The average US homeowner saw their monthly mortgage payment increase by 15 percent or $337, according to a shocking new report from red fin.
The report goes on to say that the rise in mortgage rates of about seven percent is the highest since July 2007, shortly before the crash that triggered the Great Recession.
This is causing potential home buyers to chicken out and decide not to buy in today’s market.
Also, homes are staying on the market longer, causing homeowners to drop prices to the highest level since 2015.
Since January, pending sales have not been at their current low, while the number of homes selling below market rates is at its highest level since 2020. While new homes for sale are down a 14 percent from the same time in 2021.
Redfin’s Jason Aleem is quoted in the report as saying, “It is imperative that home sellers react quickly and aggressively as the market changes.”
He continued: ‘This means adjusting your price right away if you want to be competitive and attract bids from a smaller pool of qualified buyers. If your house is not the ‘belle of the ball’ in your neighborhood, you will have to reduce the price to sell it.’
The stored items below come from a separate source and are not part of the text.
-- ===== src/Pattern/Plan.antt =====
-- ganymede-pattern-core/src/pattern/fixed/plan.rs: the choice of a search strategy, and `Probe` of
-- pattern/fixed.rs. Each `while` loop over the masks is a recursion on the masks that are left.
pub mod Valid
pub mod Probes
use ganymede.Common.{
  ℕ, zero, suc, ◌+◌, ◌-◌, ◌*◌, ◌/◌, ◌%◌, [], ◌∷◌, Option, none, some, not, ◌&&◌, ltb, leb, ◌==◌,
  if◌then◌else◌, length, get_or, bit_and,
}
use mathlib.Core.Option
use ganymede.Pattern.Read.{Bytes}

pub record Probe : Type 0 where
  pub offset : ℕ
  pub value : ℕ
  pub mask : ℕ

pub data SearchPlan : Type 0 where
  literal : SearchPlan
  anchor : ℕ → ℕ → SearchPlan
  probes : Probe → Option Probe → SearchPlan
  wildcard : SearchPlan

abbrev pub minimum_anchor_bytes : ℕ
minimum_anchor_bytes = 2

-- The mutable variables of the loop of `compile`.
pub record Runs : Type 0 where
  pub exact_count : ℕ
  pub constrained_count : ℕ
  pub current_start : ℕ
  pub current_length : ℕ
  pub best_start : ℕ
  pub best_length : ℕ

abbrev pub no_runs : Runs
no_runs = record {
  exact_count = 0;
  constrained_count = 0;
  current_start = 0;
  current_length = 0;
  best_start = 0;
  best_length = 0;
}

abbrev pub run_start : ℕ → Runs → ℕ
run_start index r = if r.current_length == 0 then index else r.current_start

-- One round: the mask at `index`, first its run, then the count of constrained bytes.
unfoldable pub extend_run : ℕ → ℕ → Runs → Runs
extend_run index mask r =
    if mask == 255
    then (let longest = ltb r.best_length (r.current_length + 1) in
        record {
          exact_count = r.exact_count + 1;
          constrained_count = r.constrained_count;
          current_start = run_start index r;
          current_length = r.current_length + 1;
          best_start = if longest then run_start index r else r.best_start;
          best_length = if longest then r.current_length + 1 else r.best_length;
        })
    else record r { current_length = 0 }

unfoldable pub count_run : ℕ → ℕ → Runs → Runs
unfolding extend_run
count_run index mask r =
    let r' = extend_run index mask r in
    if mask == 0 then r' else record r' { constrained_count = r'.constrained_count + 1 }

unfoldable pub runs_loop : ℕ → Bytes → Runs → Runs
runs_loop index [] r = r
runs_loop index (mask ∷ masks) r = runs_loop (index + 1) masks (count_run index mask r)

-- `u8::count_ones`
abbrev pub ones : ℕ → ℕ → ℕ
ones zero b = 0
ones (suc n) b = b % 2 + ones n (b / 2)

unfoldable pub count_ones : ℕ → ℕ
count_ones b = ones 8 b

-- The offset with the most bits, and that number of bits; the earliest of equals.
unfoldable pub first_loop : ℕ → ℕ → ℕ → Bytes → ℕ × ℕ
first_loop index offset bits [] = (offset, bits)
first_loop index offset bits (mask ∷ masks) =
    let more_selective = ltb bits (count_ones mask) in
    first_loop (index + 1) (if more_selective then index else offset)
      (if more_selective then count_ones mask else bits) masks

abbrev pub abs_diff : ℕ → ℕ → ℕ
abs_diff a b = if leb a b then b - a else a - b

-- The second position, if one was seen, with its score.
unfoldable pub second_loop : ℕ → ℕ → ℕ → Option ℕ → ℕ → Bytes → Option ℕ
second_loop width first_offset index best score [] = best
second_loop width first_offset index best score (mask ∷ masks) =
    let new_score = count_ones mask * width + abs_diff index first_offset in
    let better =
      not (index == first_offset) && (not (count_ones mask == 0) && ltb score new_score) in
    second_loop width first_offset (index + 1) (if better then some index else best)
      (if better then new_score else score) masks

abbrev pub probe_at : Bytes → Bytes → ℕ → Probe
probe_at bytes masks offset = record {
  offset = offset;
  value = bit_and (get_or bytes offset 0) (get_or masks offset 0);
  mask = get_or masks offset 0;
}

unfoldable pub select_probes : Bytes → Bytes → Probe × Option Probe
select_probes bytes masks =
    let first_offset = (first_loop 0 0 0 masks).0 in
    (
      probe_at bytes masks first_offset,
      Option.map (probe_at bytes masks) (second_loop (length masks) first_offset 0 none 0 masks),
    )

-- The final `match` on what the loop counted.
unfoldable pub choose_plan : Bytes → Bytes → Runs → SearchPlan
choose_plan bytes masks r =
    if r.exact_count == length masks
    then literal
    else if leb minimum_anchor_bytes r.best_length
    then anchor r.best_start r.best_length
    else if r.constrained_count == 0
    then wildcard
    else (let (first, second) = select_probes bytes masks in probes first second)

unfoldable pub plan_compile : Bytes → Bytes → SearchPlan
plan_compile bytes masks = choose_plan bytes masks (runs_loop 0 masks no_runs)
According to the Redfin report, the rise in mortgage rates of about seven percent is the highest since July 2007, shortly before the crash that triggered the Great Recession.

One of Redfin’s key indicators of the decline in potential buyers is the fact that “homes for sale” as a Google search term dropped 33 percent this September compared to the same period last year.

New home listings are down 14 percent from a year ago.
One of Redfin’s key indicators of the decline in potential buyers is the fact that “homes for sale” as a Google search term dropped 33 percent this September compared to the same period last year.
Other factors, such as home tour requests, have dropped along with mortgage purchase requests.
At the time of this writing, the median home price in the United States is $369,250, an increase of seven percent year over year.
Sales prices in crime-ridden San Francisco are down 4 percent, while those in New Orleans are down 11 percent.
Mortgage buyer Freddie Mac reported Thursday that the key 30-year average rate rose to 6.70 percent from 6.29 percent last week. By contrast, the rate stood at 3.01 percent a year ago.
The average rate on 15-year fixed-rate mortgages, popular with those looking to refinance their homes, jumped to 5.96 percent from 5.44 percent last week.
Rapidly rising mortgage rates threaten to push out more homebuyers after more than doubling in 2022. Last year, would-be homebuyers expected rates well below 3 percent.
Freddie Mac noted that, for a typical mortgage amount, a borrower who locked in at the high end of the weekly rate range over the past year would pay several hundred dollars more than a borrower who locked in at the low end of the range.

Seattle’s housing market is slowing faster than any other in the country, a new study has revealed, as cash-strapped buyers increasingly turn away from home purchases.
Last week, the Federal Reserve raised its benchmark interest rate by another three-quarters of a point in an effort to tighten the economy, its fifth increase this year and the third consecutive rise of 0.75 percentage point.
Perhaps nowhere is the effect of the Fed’s action more apparent than in the housing sector. Existing home sales have been in decline for seven straight months as rising borrowing costs put homes out of reach for more people.
The government reported on Thursday that the US economy, battered by rising consumer prices and rising interest rates, shrank at an annual rate of 0.6% between April and June. That was unchanged from the previous estimate for the second quarter.
Fed officials have forecast they will raise their benchmark rate further to about 4.4% by the end of the year, one point higher than they had forecast in June. And they hope to raise the rate again next year, to around 4.6%. That would be the highest level since 2007.
By raising lending rates, the Federal Reserve makes it more expensive to get a mortgage and a car or business loan. So consumers and businesses presumably borrow and spend less, cooling the economy and slowing inflation.
Mortgage rates don’t necessarily reflect Federal Reserve rate increases, but they do tend to track the yield on the 10-year Treasury note. That’s influenced by a variety of factors, including investor expectations about future inflation and global demand for US Treasuries.